At birth, both somatosensory and auditory terminals are present in the LCIC, albeit sparse and unorganized (Figures 8A–D). Results at P4 were somewhat variable, with some cases still exhibiting intermingling patterns and inconclusive modules (Figures 8E–H), while others show clear indications of an emerging modularity and initial projection separation. These findings suggest P4 as a pivotal timepoint for the developing LCIC compartmental framework and its interfacing multimodal afferents. By P8, GAD-positive modules are easily discerned and projection segregation is in progress, as somatosensory inputs preferentially terminate within modular zones and auditory inputs the surrounding matrix (Figures 8I–L). By P12, the process of segregation is largely complete, with adult-like projection patterns that terminate almost exclusively within their respective compartments (Figures 8M–P, Supplementary Figure 1). Sampling of tracer channels at P12 consistently generate periodic waveforms with out-of-phase signal fluctuations, signifying fully segregated multimodal patterns (Figure 9).

The kurtosis statistic was used to quantify the shape of R distributions which were calculated from somatosensory/auditory fluorescence ratios.
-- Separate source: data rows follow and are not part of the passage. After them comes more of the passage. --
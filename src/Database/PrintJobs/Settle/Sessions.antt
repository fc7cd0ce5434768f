-- ===== src/Database/PrintJobs/Settle/Sessions.antt =====
-- What a settlement does to the session, its credentials and its stream of events.
use kiosk_project.Database.PrintJobs.Outcome.{
  ApplyPrintJobSettlementInput, PrintJobSettlementOutcome, is_open_print_job_status,
  session_state_of,
}
use kiosk_project.Base.{
  ℕ, ◌+◌, ◌==◌, ==_iff, ◌≡◌, refl, ap, ◌∙◌, String, str_eq, str_eq_refl, Option, none, some, ◌∷◌,
  Option-cases, inl, inr, ok, Ensures, Ensures-ok, Ensures-if, Ensures-then, same, same-true,
}
use kiosk_project.Domain.Session.{
  SessionState, SessionState-discrete, VersionedSessionState, transition_session,
  can_transition_session,
}
use kiosk_project.Domain.PrintJob.{SettledSessionState}
use kiosk_project.Database.Tables.{matching, find-update_many, updated_row}
use kiosk_project.Database.Cleanup.{revoke_session_access}
use kiosk_project.Database.PrintJobs.{PrintJob, PrintOutboxEvent, PrintStore, PrintSession}
use kiosk_project.Database.PrintJobs.Settle.{
  settle_job, end_session, end_printing, close_session, record_settlement, finish_settlement,
  settle_open, settle_found, find_print_job, find_print_session, apply_print_job_settlement,
  is_same_job, is_version_of_session, move_session, add_session_event, session_event, ended_session,
}

-- The session in the words of the state machine.
abbrev pub versioned : PrintSession → VersionedSessionState
versioned session = record { state = session.state; version = session.state_version }

pub data SessionEnd (s : PrintStore) (input : ApplyPrintJobSettlementInput)
    (r : PrintJobSettlementOutcome × PrintStore) : Type 0 where
  session_stays :
      r.0.session_version ≡ none
      → r.1.access ≡ s.access
      → r.1.cleanup ≡ s.cleanup
      → r.1.outbox ≡ s.outbox
      → SessionEnd s input r
  session_ends :
      (job : PrintJob) (before after : PrintSession) (event : PrintOutboxEvent)
      → find_print_job input.print_job_id s ≡ some job
      → find_print_session job.session_id s ≡ some before
      → find_print_session job.session_id r.1 ≡ some after
      → transition_session
          (versioned before)
          (session_state_of input.session_state)
          before.state_version
        ≡ ok (versioned after)
      → r.0.session_version ≡ some after.state_version
      → r.1.access ≡ revoke_session_access s.access before.id input.now
      → r.1.outbox ≡ event ∷ s.outbox
      → (event.aggregate_id ≡ before.id)
        × (event.sequence ≡ before.event_sequence + 1)
        × (after.event_sequence ≡ event.sequence)
        × (event.state ≡ after.state)
        × (event.version ≡ after.state_version)
      → SessionEnd s input r

printing_ends :
    (v : ℕ) (state : SettledSessionState)
    → transition_session
        (record { state = SessionState.printing; version = v })
        (session_state_of state)
        v
      ≡ ok (record { state = session_state_of state; version = v + 1 })
unfolding transition_session can_transition_session
printing_ends v SettledSessionState.completed = rw ((==_iff v v).1 refl) refl
printing_ends v SettledSessionState.failed = rw ((==_iff v v).1 refl) refl
printing_ends v SettledSessionState.recovery_required = rw ((==_iff v v).1 refl) refl

session_moves :
    (input : ApplyPrintJobSettlementInput) (before : PrintSession)
    → before.state ≡ SessionState.printing
    → transition_session
        (versioned before)
        (session_state_of input.session_state)
        before.state_version
      ≡ ok (versioned (ended_session input before before))
unfolding ended_session
session_moves input before h = rw h (printing_ends before.state_version input.session_state)

same_session :
    (id : String) (s u : PrintStore) (before : PrintSession)
    → u.sessions ≡ s.sessions
    → find_print_session id u ≡ some before
    → find_print_session id s ≡ some before
unfolding find_print_session
same_session id s u before i e = rw⁻¹ i e

find_moved :
    (input : ApplyPrintJobSettlementInput) (before : PrintSession) (id : String) (s t : PrintStore)
    → t.sessions ≡ (move_session input before s).sessions
    → find_print_session id s ≡ some before
    → find_print_session id t ≡ some (ended_session input before before)
unfolding find_print_session move_session ended_session
find_moved input before id s t e f =
    rw e (find-update_many (λ x. str_eq x.id id) _ _ s.sessions (λ x. refl))
    ∙ ap (updated_row (is_version_of_session before) (ended_session input before)) f
    ∙ rw (str_eq_refl before.id, (==_iff before.state_version before.state_version).1 refl) refl

end_session-SessionEnd :
    (s : PrintStore) (input : ApplyPrintJobSettlementInput) (job : PrintJob)
    (refund_id : Option String) (u : PrintStore)
    → find_print_job input.print_job_id s ≡ some job
    → u.sessions ≡ s.sessions
    → u.access ≡ s.access
    → u.cleanup ≡ s.cleanup
    → u.outbox ≡ s.outbox
    → Ensures
        (end_session input job refund_id (find_print_session job.session_id u) u)
        (SessionEnd s input)
unfolding end_session end_printing close_session add_session_event session_event ended_session
    move_session
end_session-SessionEnd s input job refund_id u f i a c o =
    elim (Option-cases (find_print_session job.session_id u)) [
      | inl e ↦ rw e (Ensures-ok (session_stays refl a c o))
      | inr (before, e) ↦ rw e (
          Ensures-if (same SessionState-discrete before.state SessionState.printing)
            (λ h.
              Ensures-if (matching (is_version_of_session before) u.sessions == 1)
                (λ k. Ensures-then _ λ cleanup. Ensures-ok (
                  session_ends job before (ended_session input before before)
                    (session_event input job before) f (same_session job.session_id s u before i e)
                    (find_moved input before job.session_id u _ refl e)
                    (session_moves input before
                      (same-true SessionState-discrete before.state SessionState.printing h))
                    refl (ap (λ l. revoke_session_access l before.id input.now) a)
                    (ap (λ l. session_event input job before ∷ l) o)
                    (refl, refl, refl, refl, refl)))
                (λ k. Ensures-ok (session_stays refl a c o)))
            (λ h. Ensures-ok (session_stays refl a c o)))
    ]

settled_SessionEnd :
    (s : PrintStore) (input : ApplyPrintJobSettlementInput) (job : PrintJob)
    → find_print_job input.print_job_id s ≡ some job
    → Ensures (settle_open input job s) (SessionEnd s input)
unfolding settle_open finish_settlement record_settlement settle_job
settled_SessionEnd s input job e =
    Ensures-if (matching (is_same_job job) s.jobs == 1)
      (λ k. end_session-SessionEnd s input job _ _ e refl refl refl refl)
      (λ k. Ensures-ok (session_stays refl refl refl refl))

-- A settlement either leaves sessions' credentials, cleanup and streams as they are and reports no
-- new version; or the job's session makes the transition that the state machine allows from its
-- state and version to the settled state, its credentials are revoked, and its stream has one new
-- event, numbered one above the session's last, that carries the new state and version.
pub apply_print_job_settlement-SessionEnd :
    (s : PrintStore) (input : ApplyPrintJobSettlementInput)
    → Ensures (apply_print_job_settlement s input) (SessionEnd s input)
unfolding apply_print_job_settlement settle_found
apply_print_job_settlement-SessionEnd s input =
    elim (Option-cases (find_print_job input.print_job_id s)) [
      | inl e ↦ rw e (Ensures-ok (session_stays refl refl refl refl))
      | inr (job, e) ↦ rw e (
          Ensures-if (is_open_print_job_status job.status) (λ h. settled_SessionEnd s input job e)
            (λ h. Ensures-ok (session_stays refl refl refl refl)))
    ]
Generally higher kurtosis values at earlier ages, contrasting with negative kurtosis values at later ages, indicate gradual changes in distribution shape from unimodal to bimodal with increasing age (Figure 10). Since overlapping projections produce unimodal R distributions and segregated projections produce bimodal R distributions, this kurtosis trend demonstrates increasing input separation with age. Linear regression depicts this developmental trend (Figure 10A). Representative R value histograms at each age reveal the transition from unimodal (overlapping) to bimodal (non-overlapping) from P0 to P12 (Figure 10B).